Description of the task: Work out how many lines of the material below contain the word "SamePeers", then write that number alone.

Input records START

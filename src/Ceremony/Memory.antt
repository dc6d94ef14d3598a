-- ===== src/Ceremony/Memory.antt =====
-- src/dkg_ceremony.rs: the journal in memory keeps the contract.
use asteria.Base.{
  not-eq-false, or-false, ℕ, ◌+◌, ◌<◌, ◌≡◌, inl, inr, refl, ap, ◌∙◌, subst, arith, true, false, not,
  Option, none, some, Option-cases, Bool-cases, Bytes, bytes_eq, bytes_eq_refl, bytes_eq→eq, ◌==◌,
  ◌||◌, checked_add, u64_bound,
}
use asteria.Base.Result.{
  some-inj, ok_or-some, Result, ok, err, >>=-eq-ok, fail_if, fail_if-eq-ok, ok-inj, ok_or, map_err,
  map_err-eq-ok,
}
use asteria.Ceremony.Types.{
  Record, JournalError, invalid_data, wrong_next, revision_conflict, immutable_binding,
  invalid_transition,
}
use asteria.Ceremony.Record.{
  RecordCodec, to_canonical_json, from_canonical_json, same_binding, valid_phase_transition,
}
use asteria.Ceremony.Journal.{
  Entries, get_entry, put_entry, memory_load, check_create, check_swap, store, memory_journal,
}
use asteria.Ceremony.Canonical.{
  RecordCodecLaws, Storable as CanStore, get_entry-put_entry,
  from-to_canonical_json as canonical_round_trip,
}
use asteria.Ceremony.Contract.{Follows, Stores, SwapOutcome, CreateOutcome, JournalContract}

counted_next :
    {E : Type 0} (n m : ℕ) (e : E)
    → ok_or (checked_add u64_bound n 1) e ≡ ok m
    → (m ≡ n + 1) × (m < u64_bound)
counted_next n m e h = (ground arith, ground arith)

eq_of_not : (a b : ℕ) → not (a == b) ≡ false → a ≡ b
eq_of_not a b h = ground arith

-- `Result::ok`
abbrev to_option : {E A : Type 0} → Result E A → Option A
to_option (ok a) = some a
to_option (err _) = none

module _ (codec : RecordCodec) (laws : RecordCodecLaws codec) where
  abbrev view_entry : Option Bytes → Option Record
  view_entry none = none
  view_entry (some bytes) = to_option (from_canonical_json codec bytes)

  -- The records that the entries stand for.
  unfoldable pub memory_view : Entries → Bytes → Option Record
  memory_view entries id = view_entry (get_entry id entries)

  -- Every entry is the canonical form of a record.
  abbrev pub IsCanonical : Entries → Type 0
  IsCanonical entries =
      (key bytes : Bytes)
      → get_entry key entries ≡ some bytes
      → (self : Record) × (from_canonical_json codec bytes ≡ ok self)

  put_entry-Stores :
      (entries : Entries) (id bytes : Bytes) (self : Record)
      → IsCanonical entries
      → to_canonical_json codec self ≡ ok bytes
      → Stores IsCanonical memory_view entries (put_entry id bytes entries) id self
  unfolding memory_view
  put_entry-Stores entries id bytes self good h =
      let read = canonical_round_trip codec laws self bytes h in
      (
        λ key stored e. elim (Bool-cases (bytes_eq key id)) [
          | inl same ↦
              let e' = rw (get_entry-put_entry key id bytes entries, same) at e in
              (self, subst (λ b. from_canonical_json codec b ≡ ok self) (some-inj e') read)
          | inr other ↦
              let e' = rw (get_entry-put_entry key id bytes entries, other) at e in
              good key stored e'
        ],
        λ key. elim (Bool-cases (bytes_eq key id)) [
          | inl same ↦ rw (get_entry-put_entry key id bytes entries, same, read)
          | inr other ↦ rw (get_entry-put_entry key id bytes entries, other)
        ],
      )

  memory_load-view :
      (entries : Entries) (id : Bytes)
      → IsCanonical entries
      → memory_load codec entries id ≡ ok (memory_view entries id)
  unfolding memory_load memory_view
  memory_load-view entries id good = elim (Option-cases (get_entry id entries)) [
    | inl e ↦ rw (e, memory_load)
    | inr (bytes, e) ↦ let (self, read) = good id bytes e in rw (e, memory_load, read)
  ]

  check_create-stored :
      (entries : Entries) (self : Record) (bytes : Bytes)
      → check_create codec entries self ≡ ok bytes
      → (to_canonical_json codec self ≡ ok bytes)
        × (get_entry self.session.ceremony_id entries ≡ none)
  unfolding check_create
  check_create-stored entries self bytes h =
      let (written, wrote, h1) = >>=-eq-ok (map_err _ (to_canonical_json codec self)) _ h in
      elim (Option-cases (get_entry self.session.ceremony_id entries)) [
        | inl e ↦ let h2 = rw e at h1 in (map_err-eq-ok _ _ wrote ∙ ap ok (ok-inj h2), e)
        | inr (old, e) ↦ let h2 = rw e at h1 in absurd cc
      ]

  -- What a swap that passes its checks has found.
  record IsSwap (entries : Entries) (id : Bytes) (expected : ℕ) (next : Record) (bytes : Bytes)
      : Type 0 where
    current : Record
    old : Bytes
    found : get_entry id entries ≡ some old
    read : from_canonical_json codec old ≡ ok current
    at_revision : current.revision ≡ expected
    follows : Follows current next
    at_id : next.session.ceremony_id ≡ id
    wrote : to_canonical_json codec next ≡ ok bytes

  check_swap-IsSwap :
      (entries : Entries) (id : Bytes) (expected : ℕ) (next : Record) (bytes : Bytes)
      → check_swap codec entries id expected next ≡ ok bytes
      → IsSwap entries id expected next bytes
  unfolding check_swap
  check_swap-IsSwap entries id expected next bytes h =
      let (revision, counted, h1) = >>=-eq-ok (ok_or (checked_add u64_bound expected 1) _) _ h in
      let (_, fits, h2) =
        >>=-eq-ok
          (fail_if (not (bytes_eq next.session.ceremony_id id) || not (next.revision == revision))
            (invalid_data wrong_next))
          _ h1 in
      let (written, wrote, h3) = >>=-eq-ok (map_err _ (to_canonical_json codec next)) _ h2 in
      let (old, found, h4) = >>=-eq-ok (ok_or (get_entry id entries) _) _ h3 in
      let (current, read, h5) = >>=-eq-ok (map_err _ (from_canonical_json codec old)) _ h4 in
      let (_, same, h6) =
        >>=-eq-ok
          (fail_if (not (current.revision == expected))
            (revision_conflict expected current.revision))
          _ h5 in
      let (_, bound, h7) =
        >>=-eq-ok (fail_if (not (same_binding current next)) (invalid_data immutable_binding)) _
          h6 in
      let (_, moved, h8) =
        >>=-eq-ok
          (fail_if (not (valid_phase_transition current.phase next.phase))
            (invalid_data invalid_transition))
          _ h7 in
      let (is_next, in_range) = counted_next expected revision _ counted in
      let (wrong_id, wrong_revision) = or-false _ _ (fail_if-eq-ok _ _ fits) in
      let at_revision : current.revision ≡ expected = eq_of_not _ _ (fail_if-eq-ok _ _ same) in
      let next_revision = eq_of_not _ _ wrong_revision in
      record {
        current = current;
        old = old;
        found = ok_or-some _ _ _ found;
        read = map_err-eq-ok _ _ read;
        at_revision = at_revision;
        follows = record {
          revision = omega (arith, next_revision, is_next, at_revision);
          fits = omega (arith, next_revision, in_range);
          binding = not-eq-false _ (fail_if-eq-ok _ _ bound);
          transition = not-eq-false _ (fail_if-eq-ok _ _ moved);
        };
        at_id = bytes_eq→eq _ _ (not-eq-false _ wrong_id);
        wrote = map_err-eq-ok _ _ wrote ∙ ap ok (ok-inj h8);
      }

  swap_outcome :
      (entries : Entries) (id : Bytes) (expected : ℕ) (next : Record)
      (checked : Result JournalError Bytes)
      → IsCanonical entries
      → check_swap codec entries id expected next ≡ checked
      → SwapOutcome IsCanonical memory_view entries id expected next (store id checked entries)
  unfolding store memory_view
  swap_outcome entries id expected next (err e) good h = refl
  swap_outcome entries id expected next (ok bytes) good h =
      let s = check_swap-IsSwap entries id expected next bytes h in
      (
        s.current,
        rw (s.found, s.read),
        s.at_revision,
        s.follows,
        s.at_id,
        put_entry-Stores entries id bytes next good s.wrote,
      )

  create_outcome :
      (entries : Entries) (self : Record) (checked : Result JournalError Bytes)
      → IsCanonical entries
      → check_create codec entries self ≡ checked
      → CreateOutcome IsCanonical memory_view entries self
          (store self.session.ceremony_id checked entries)
  unfolding store memory_view
  create_outcome entries self (err e) good h = refl
  create_outcome entries self (ok bytes) good h =
      let (wrote, absent) = check_create-stored entries self bytes h in
      (rw absent, put_entry-Stores entries self.session.ceremony_id bytes self good wrote)

  -- The entry behind a record that is seen.
  viewed :
      (entries : Entries) (id : Bytes) (self : Record)
      → IsCanonical entries
      → memory_view entries id ≡ some self
      → (bytes : Bytes) × (get_entry id entries ≡ some bytes)
        × (from_canonical_json codec bytes ≡ ok self)
  unfolding memory_view
  viewed entries id self good h = elim (Option-cases (get_entry id entries)) [
    | inl e ↦ let h' = rw e at h in absurd cc
    | inr (bytes, e) ↦
        let (found, read) = good id bytes e in
        let h' = rw (e, read) at h in
        (bytes, e, subst (λ r. from_canonical_json codec bytes ≡ ok r) (some-inj h') read)
  ]

  memory_accepts :
      (entries : Entries) (id : Bytes) (current next : Record)
      → IsCanonical entries
      → memory_view entries id ≡ some current
      → next.session.ceremony_id ≡ id
      → Follows current next
      → CanStore codec laws next
      → (after : Entries) × (store id (check_swap codec entries id current.revision next) entries
          ≡ (after, ok tt))
  unfolding check_swap store
  memory_accepts entries id current next good h at_id follows (bytes, wrote) =
      let (old, found, read) = viewed entries id current good h in
      let counted : checked_add u64_bound current.revision 1 ≡ some (current.revision + 1) =
        let small : current.revision + 1 < u64_bound =
          omega (arith, follows.revision, follows.fits) in
        ground arith in
      let same_id : bytes_eq next.session.ceremony_id id ≡ true =
        subst (λ k. bytes_eq next.session.ceremony_id k ≡ true) at_id
          (bytes_eq_refl next.session.ceremony_id) in
      let next_revision : (next.revision == current.revision + 1) ≡ true =
        let e = follows.revision in ground arith in
      let same_revision : (current.revision == current.revision) ≡ true = ground arith in
      (
        put_entry id bytes entries,
        rw (
          counted, same_id, next_revision, wrote, found, read, same_revision, follows.binding,
          follows.transition,
        ),
      )

  -- The journal in memory is a journal: it reads what was stored, each call is atomic, and a swap
  -- replaces a record by one that follows it. Stored records are read back as they were, up to what
  -- serde is documented to do.
  pub memory_journal-JournalContract :
      JournalContract (memory_journal codec) IsCanonical memory_view (CanStore codec laws)
  unfolding memory_journal
  memory_journal-JournalContract = record {
    loads = memory_load-view;
    creates = λ j self good. create_outcome j self (check_create codec j self) good refl;
    swaps = λ j id expected next good.
        swap_outcome j id expected next (check_swap codec j id expected next) good refl;
    accepts = memory_accepts;
  }
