-- ===== src/Ceremony/Peers.antt =====
-- src/dkg_ceremony.rs: the digest of the peers tells lists of peers apart.
use native.Mathlib.Nat.{div-one, div-eq_of_lt, div-div-eq-div-mul, div-add-mod', pow-suc}
use asteria.Base.{
  ℕ, zero, suc, ◌+◌, ◌*◌, ◌/◌, ◌%◌, ◌^◌, ◌<◌, ◌≡◌, ◌≢◌, ◌⊎◌, refl, sym, ap, ap₂, ◌∙◌, inl, inr,
  List, [], ◌∷◌, ◌++◌, Bytes, be_bytes, bytes_eq, bytes_eq→eq, bytes_eq_refl, Bool-cases, length,
  arith, u64_bound, All,
}
use asteria.Base.Result.{ok, map_err, map_err-eq-ok, >>=-eq-ok, ok-inj}
use asteria.Ceremony.Types.{CeremonyError}
use asteria.Ceremony.Coordinator.{Transport, ceremony_domain, peer_material, registry_digest}
use asteria.Ceremony.Rounds.{recover}
use asteria.Ceremony.Keeps.{InSync, Setting, State}
use asteria.Ceremony.Recovery.{Recovered, recover-Recovered}

abbrev tail_of : Bytes → Bytes
tail_of [] = []
tail_of (_ ∷ bytes) = bytes

abbrev head_of : Bytes → ℕ
head_of [] = 0
head_of (byte ∷ _) = byte

be_bytes-inj_above : (k m n : ℕ) → be_bytes k m ≡ be_bytes k n → m / 256 ^ k ≡ n / 256 ^ k → m ≡ n
be_bytes-inj_above zero m n h above = sym (div-one m) ∙ (above ∙ div-one n)
be_bytes-inj_above (suc k) m n h above =
    let byte : m / 256 ^ k % 256 ≡ n / 256 ^ k % 256 = ap head_of h in
    let rest : be_bytes k m ≡ be_bytes k n = ap tail_of h in
    let of_m = div-div-eq-div-mul m (256 ^ k) 256 ∙ ap (λ d. m / d) (sym (pow-suc 256 k)) in
    let of_n = div-div-eq-div-mul n (256 ^ k) 256 ∙ ap (λ d. n / d) (sym (pow-suc 256 k)) in
    let high : m / 256 ^ k / 256 ≡ n / 256 ^ k / 256 = of_m ∙ (above ∙ sym of_n) in
    let split_m = div-add-mod' (m / 256 ^ k) 256 in
    let split_n = div-add-mod' (n / 256 ^ k) 256 in
    be_bytes-inj_above k m n rest (sym split_m ∙ (ap₂ (λ q r. q * 256 + r) high byte ∙ split_n))

be_bytes-inj : (m n : ℕ) → m < u64_bound → n < u64_bound → be_bytes 8 m ≡ be_bytes 8 n → m ≡ n
be_bytes-inj m n small_m small_n h =
    be_bytes-inj_above 8 m n h (div-eq_of_lt small_m ∙ sym (div-eq_of_lt small_n))

append-inj : (a b c d : Bytes) → length a ≡ length c → a ++ b ≡ c ++ d → (a ≡ c) × (b ≡ d)
append-inj [] b [] d n h = (refl, h)
append-inj [] b (y ∷ c) d n h = absurd (omega (arith, n))
append-inj (x ∷ a) b [] d n h = absurd (omega (arith, n))
append-inj (x ∷ a) b (y ∷ c) d n h =
    let (front, back) = append-inj a b c d (omega (arith, n)) (ap tail_of h) in
    (ap₂ (λ z zs. z ∷ zs) (ap head_of h) front, back)

-- Each encoding after its length.
abbrev pub framed : List Bytes → Bytes
framed [] = []
framed (code ∷ codes) = be_bytes 8 (length code) ++ (code ++ framed codes)

framed-inj :
    (codes others : List Bytes)
    → All (λ b. length b < u64_bound) codes
    → All (λ b. length b < u64_bound) others
    → framed codes ≡ framed others
    → codes ≡ others
framed-inj [] [] s r h = refl
framed-inj [] (d ∷ ds) s r h = absurd cc
framed-inj (c ∷ cs) [] s r h = absurd cc
framed-inj (c ∷ cs) (d ∷ ds) s r h =
    let (counts, rest) =
      append-inj (be_bytes 8 (length c)) (c ++ framed cs) (be_bytes 8 (length d)) (d ++ framed ds)
        refl h in
    let (here, later) =
      append-inj c (framed cs) d (framed ds) (be_bytes-inj (length c) (length d) s.0 r.0 counts)
        rest in
    ap₂ (λ z zs. z ∷ zs) here (framed-inj cs ds s.1 r.1 later)

module _ (t : Transport) where
  -- The encodings of the peers, one by one.
  abbrev pub Encoded : List t.Peer → List Bytes → Type 0
  Encoded [] [] = Unit
  Encoded (peer ∷ peers) (code ∷ codes) = (t.peer_to_json peer ≡ ok code) × Encoded peers codes
  Encoded _ _ = ⊥

  -- The peers of the registries have the same encodings, or those are a collision of SHA-256.
  abbrev pub SamePeers : t.Registry → t.Registry → Type 0
  SamePeers registry other =
      (codes : List Bytes) × (others : List Bytes) × Encoded (t.registry_peers registry) codes
      × Encoded (t.registry_peers other) others
      × ((codes ≡ others)
          ⊎ ((framed codes ≢ framed others)
              × (t.sha256 (ceremony_domain ++ framed codes)
                  ≡ t.sha256 (ceremony_domain ++ framed others))))

  -- An encoding has less than 2^64 bytes, as every Rust vector has.
  abbrev pub FitsMemory : Type 0
  FitsMemory =
      (peer : t.Peer) (code : Bytes) → t.peer_to_json peer ≡ ok code → length code < u64_bound

  peer_material-framed :
      FitsMemory
      → (peers : List t.Peer) (material : Bytes) → peer_material t peers ≡ ok material
      → (codes : List Bytes) × Encoded peers codes
        × All (λ b. length b < u64_bound) codes
        × (material ≡ framed codes)
  unfolding peer_material
  peer_material-framed fits [] material h = ([], tt, tt, sym (ok-inj h))
  peer_material-framed fits (peer ∷ peers) material h =
      let (code, encoded, h1) =
        >>=-eq-ok (map_err CeremonyError.transport (t.peer_to_json peer)) _ h in
      let (rest, ran, h2) = >>=-eq-ok (peer_material t peers) _ h1 in
      let (codes, all, small, is) = peer_material-framed fits peers rest ran in
      let here = map_err-eq-ok _ _ encoded in
      (
        code ∷ codes,
        (here, all),
        (fits peer code here, small),
        sym (ok-inj h2) ∙ ap (λ r. be_bytes 8 (length code) ++ (code ++ r)) is,
      )

  registry_digest-SamePeers :
      FitsMemory
      → (registry other : t.Registry) (digest : Bytes) → registry_digest t registry ≡ ok digest
      → registry_digest t other ≡ ok digest
      → SamePeers registry other
  unfolding registry_digest
  registry_digest-SamePeers fits registry other digest h k =
      let (material, made, h1) = >>=-eq-ok (peer_material t (t.registry_peers registry)) _ h in
      let (material', made', k1) = >>=-eq-ok (peer_material t (t.registry_peers other)) _ k in
      let (codes, encoded, small, is) = peer_material-framed fits _ material made in
      let (codes', encoded', small', is') = peer_material-framed fits _ material' made' in
      let hashed : t.sha256 (ceremony_domain ++ framed codes)
          ≡ t.sha256 (ceremony_domain ++ framed codes') =
        ap (λ x. t.sha256 (ceremony_domain ++ x)) (sym is)
        ∙ (ok-inj h1 ∙ (sym (ok-inj k1) ∙ ap (λ x. t.sha256 (ceremony_domain ++ x)) is')) in
      (
        codes,
        codes',
        encoded,
        encoded',
        elim (Bool-cases (bytes_eq (framed codes) (framed codes'))) [
          | inl e ↦ inl (framed-inj codes codes' small small' (bytes_eq→eq _ _ e))
          | inr e ↦ inr (
            λ same.
                let f = bytes_eq_refl (framed codes) in
                let g = ap (bytes_eq (framed codes)) same in cc,
            hashed,
          )
        ],
      )

module _ (m : Setting) where
  open m use {t, J, P, durable, crypto}

  -- A coordinator that is recovered from the journal of another, whose record the journal has, goes on
  -- from that record, in that journal; and only for the chain and the epoch of the record, and for
  -- peers whose encodings are those of the other's peers, unless the two lists of encodings, each
  -- encoding after its length, are different inputs with the same SHA-256. An encoding of a peer is
  -- taken to have less than 2^64 bytes.
  pub recover-continues :
      (before self : State m) (secrets last : P) (registry : t.Registry) (chain_domain : Bytes)
      (epoch : ℕ)
      → FitsMemory t
      → InSync m before
      → recover t durable crypto before.journal secrets registry before.record_.session.ceremony_id
          chain_domain epoch
        ≡ (last, ok self)
      → Recovered m before self chain_domain epoch × SamePeers t before.registry self.registry
  recover-continues before self secrets last registry chain_domain epoch fits h e =
      let r = recover-Recovered m before self secrets last registry chain_domain epoch h e in
      (
        r,
        registry_digest-SamePeers t fits before.registry self.registry
            before.record_.registry_digest h.peers r.same_peers,
      )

Input records END

Answer for the task: 7